In the typical situation involving damage to, or the loss of, a private vessel, a claimant cannot come forward with evidence that the boat was under charter before or at the time of her loss; and generally there is scant evidence that there was a plan to put her under charter. The owner of a yacht or other private vessel usually claims that “loss of use” damages are based upon days that he or she missed from the cruising season, often citing use of the boat for trips with family and friends or for entertaining clients and business prospects. That does not amount to evidence showing pecuniary loss, or reasonable certainty of pecuniary loss.

As an illustration, see Snavely v. Lang, 592 F.2d 296, 300 (6th Cir. 1979), a case involving severe damage to a pleasure craft by fire and a claim for loss of use damages. There plaintiff Snavely testified that he used the vessel for about nineteen days per year, which use the court deemed "intermittent”. The problem with Snavely's claim, the court concluded, was a lack of certainty of proof of damages, observing:

[A]n award of damage for such a loss opens the courts to imagination and speculation in evaluation of damages. It is precisely these types of claims for damages which render too "highly speculative and immeasurable" an award for demurrage in the case of a vessel used purely for recreation. The Court does not herein decide whether pecuniary loss is an absolute requirement for recovery of demurrage. The facts of this case, showing loss of intermittent use of a vessel utilized solely for pleasure, certainly do not justify such an award. For the foregoing reasons, the award of damages for loss of use must be reversed.

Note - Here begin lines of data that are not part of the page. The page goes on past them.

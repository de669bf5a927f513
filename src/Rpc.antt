-- ===== src/Rpc.antt =====
-- The JSON-RPC interface (belcoin_node/rpcserver.py), on transactions that have been decoded from
-- their hexadecimal form. The artificial delay and the time measurement are left out.
pub mod Sound
pub mod Replies
use belcoin.Prelude.{
  ℕ, Option, ◌+◌, Bool, true, false, none, some, List, [], ◌∷◌, ◌==◌, if◌then◌else◌, elem,
}
use belcoin.Tesseract.{Bytes, Transaction}
use belcoin.Exec.{Result, ok, err}
use belcoin.Float.{Float, true_div}
use belcoin.Config.{time_multiplier}
use belcoin.State.{Env, Node, broadcast_txn, broadcast_txn_batch}
use belcoin.Mempool.{add_to_mempool}
use belcoin.Dict.{Dict, insert}
use belcoin.Query.{Utxo, utxos_for_pubkey, ◌>>=◌}
use belcoin.Fetch.{Reply, not_found, was_invalid, found}

module _ ⦃E : Env⦄ where
  open E use {crypto as C, wrappers as W, transactions as T}

  unfoldable pub note_received : Node → Node
  note_received s =
      if s.txns_received == 0 then record s { txns_received = s.txns_received + 1 } else s

  -- `if self.node.storage.mempool[tx.txid] is None:`; the flag is `rval`
  unfoldable pub put_if_new : Transaction → Node → Bool × Node
  put_if_new tx s = elim (T.get s.mempool tx.txid) [
    | none ↦ (true, add_to_mempool tx s)
    | some _ ↦ (false, s)
  ]

  unfoldable pub broadcast_if : Bool → Transaction → Node → Node
  broadcast_if b tx s = if b then record s { sent = broadcast_txn tx ∷ s.sent } else s

  unfoldable pub jsonrpc_puttxn : Transaction → Bool → Node → Bool × Node
  jsonrpc_puttxn tx broadcast s =
      let (new, s') = put_if_new tx (note_received s) in (new, broadcast_if broadcast tx s')

  -- the loop of `jsonrpc_puttxn_batch`
  unfoldable pub put_all : List Transaction → Node → Node
  put_all [] s = s
  put_all (tx ∷ txns) s = put_all txns (jsonrpc_puttxn tx false s).1

  -- `if broadcast:` of `jsonrpc_puttxn_batch`
  unfoldable pub start_batch : List Transaction → Bool → Node → Node
  start_batch txns broadcast s =
      if broadcast then record s { sent = broadcast_txn_batch txns ∷ s.sent } else s

  unfoldable pub jsonrpc_puttxn_batch : List Transaction → Bool → Node → Node
  jsonrpc_puttxn_batch txns broadcast s =
      put_all txns (start_batch txns broadcast (note_received s))

  -- `pend.get` has already decoded what it returns, so the decoding that follows raises what tesseract's
  -- buffer raises for something that is no byte string.
  unfoldable pub jsonrpc_req_txn : Bytes → Node → Result Reply
  jsonrpc_req_txn txid s =
      if elem txid s.invalid_txns then ok was_invalid else elim (T.get s.mempool txid) [
        | some txn ↦ ok (found txn)
        | none ↦ elim (W.get s.db txid) [
          | some w ↦ ok (found w.txn)
          | none ↦ elim (W.get s.pend txid) [ some _ ↦ err C.not_bytes_error | none ↦ ok not_found ]
        ]
      ]

  -- The result tells the transaction's hash and whether it was put in the mempool.
  unfoldable pub jsonrpc_sendrawtx : Transaction → Bool → Node → (Bool × Bytes) × Node
  jsonrpc_sendrawtx tx broadcast s =
      let (put, s') = jsonrpc_puttxn tx broadcast s in ((put, tx.txid), s')

  -- The transaction and its timestamp in seconds; `none` for the empty dict.
  unfoldable pub jsonrpc_gettx : Bytes → Node → Option (Transaction × Float)
  jsonrpc_gettx txid s = elim (W.get s.db txid) [
    | none ↦ none
    | some w ↦ some (w.txn, true_div w.timestamp time_multiplier)
  ]

  -- In seconds, as the source keeps `current_time`
  unfoldable pub jsonrpc_getblockheight : Node → Float
  jsonrpc_getblockheight s = true_div s.current_time time_multiplier

  -- `address_to_pubkey` is tesseract's. The first listing that raises ends the loop.
  unfoldable pub jsonrpc_getutxos :
      (Bytes → Bytes) → List Bytes → Dict (List Utxo) → Node → Result (Dict (List Utxo))
  jsonrpc_getutxos address_to_pubkey [] utxos_by_addr s = ok utxos_by_addr
  jsonrpc_getutxos address_to_pubkey (address ∷ addresses) utxos_by_addr s =
      utxos_for_pubkey s (address_to_pubkey address) >>= λ utxos.
      jsonrpc_getutxos address_to_pubkey addresses (insert address utxos utxos_by_addr) s
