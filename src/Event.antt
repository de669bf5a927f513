-- ===== src/Event.antt =====
-- What happens to a process of the node, one event after the other. The loop, the answers and the
-- interfaces run in the reactor's thread, Raft's commits and the leader's ticks in SyncObj's own thread
-- (`autoTick` in pysyncobjbc/config.py). Each handler is taken as a whole: the events are in any
-- order, but no handler starts before the one of the other thread has ended. Nothing in the
-- source makes the threads wait for each other; Ledger/Race is about a handler that does start.
-- An exception that leaves a commit ends SyncObj's thread, since `_onTick` does not catch it, and one
-- that leaves `try_process` ends the `LoopingCall`. Any other is logged or answered. The state stays as it
-- is at the exception.
-- (belcoin_node/storage.py: `lc.start` of `__init__`, the callbacks of `req_txn` and the replicated
-- `add_block_to_queue`; belcoin_node/rpcserver.py; pysyncobjbc/syncobj.py: `_autoTickThread`, the
-- application of entries in `_onTick` and the leader's tick.)
pub mod Invariant
use belcoin.Prelude.{ℕ, Bool, true, false, List, [], ◌∷◌, if◌then◌else◌}
use belcoin.Tesseract.{Bytes, Transaction}
use belcoin.Exec.{Exec, Result, ok, err}
use belcoin.State.{Env, Node, Block}
use belcoin.Block.{add_block_to_queue}
use belcoin.Fetch.{Reply, try_process, on_reply}
use belcoin.Propose.{leader_tick}
use belcoin.Rpc.{jsonrpc_puttxn, jsonrpc_puttxn_batch}

pub data Event : Type 0 where
  -- Raft commits a block
  commit : Block → Event
  -- the `LoopingCall` of `try_process`
  loop : Event
  -- the answer to the request for a transaction, with the attempt's number
  reply : Reply → ℕ → Bytes → Event
  put : Transaction → Bool → Event
  put_batch : List Transaction → Bool → Event
  -- a tick of the leader at a time
  lead : ℕ → Event

abbrev pub is_ok : Result (Unit {0}) → Bool
is_ok (ok _) = true
is_ok (err _) = false

module _ ⦃E : Env⦄ where
  -- The node, whether SyncObj's thread runs, and whether the `LoopingCall` does
  pub record Process : Type 0 where
    pub node : Node
    pub ticking : Bool
    pub looping : Bool

  -- A commit in SyncObj's thread
  unfoldable pub on_commit : Block → Process → Process
  on_commit block p =
      let (r, s) = add_block_to_queue block p.node in
      if p.ticking then record p { node = s; ticking = is_ok r } else p

  unfoldable pub on_loop : Process → Process
  on_loop p =
      let (r, s) = try_process p.node in
      if p.looping then record p { node = s; looping = is_ok r } else p

  unfoldable pub step : Event → Process → Process
  unfolding on_commit on_loop
  step (commit block) p = on_commit block p
  step loop p = on_loop p
  step (reply r i txid) p = record p { node = (on_reply r i txid p.node).1 }
  step (put tx b) p = record p { node = (jsonrpc_puttxn tx b p.node).1 }
  step (put_batch txns b) p = record p { node = jsonrpc_puttxn_batch txns b p.node }
  step (lead time) p = if p.ticking then record p { node = leader_tick time p.node } else p

  unfoldable pub run : List Event → Process → Process
  run [] p = p
  run (e ∷ es) p = run es (step e p)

Snavely v. Lang, supra, at 300, (citations omitted).

On the other hand, it may be consistent with recognized law to allow recovery of the reasonable costs of chartering a replacement vessel for use by the owner for planned recreation where a replacement vessel is chartered”, Staples v. H & A Trading, 1994 A.M.C. 1729 (D.P.R. 1993). In that case, a plaintiff who lived on board a boat damaged in an accident was allowed to recover reasonable sums paid to lease another sailboat on which to live.

Further support for this position is perhaps found in dicta in Nordasilla Corp. v. Norfolk Shipbuilding & Drydock Corp., 1982 A.M.C. 99 (E.D. Va. 1981):

It strikes one as fundamentally unfair that a yacht owner can be deprived of the use of an asset of substantial value for a substantial period solely as a result of another's negligence and yet be wholly denied money damages for such loss of use simply because the asset was a pleasure craft. One wonders why the tortfeasor should benefit from the fact that an asset owner chose to forgo commercial operations when there is far less speculative nature or other question concerning ascertainable damages in these circumstances than there is concerning general damages in the run-of-the-mill personal injury case.

As a general proposition however, courts cannot award damages claimed for the loss of use of a pleasure craft, absent proof it was chartered, leased, rented or otherwise engaged in some commercial activity. Simply stated, a plaintiff must prove pecuniary damages arising from loss of use of a vessel with sufficient certainty to allow calculation without resort to speculation. In the absence of such evidence, a Court should dismiss a claim for loss of use damages.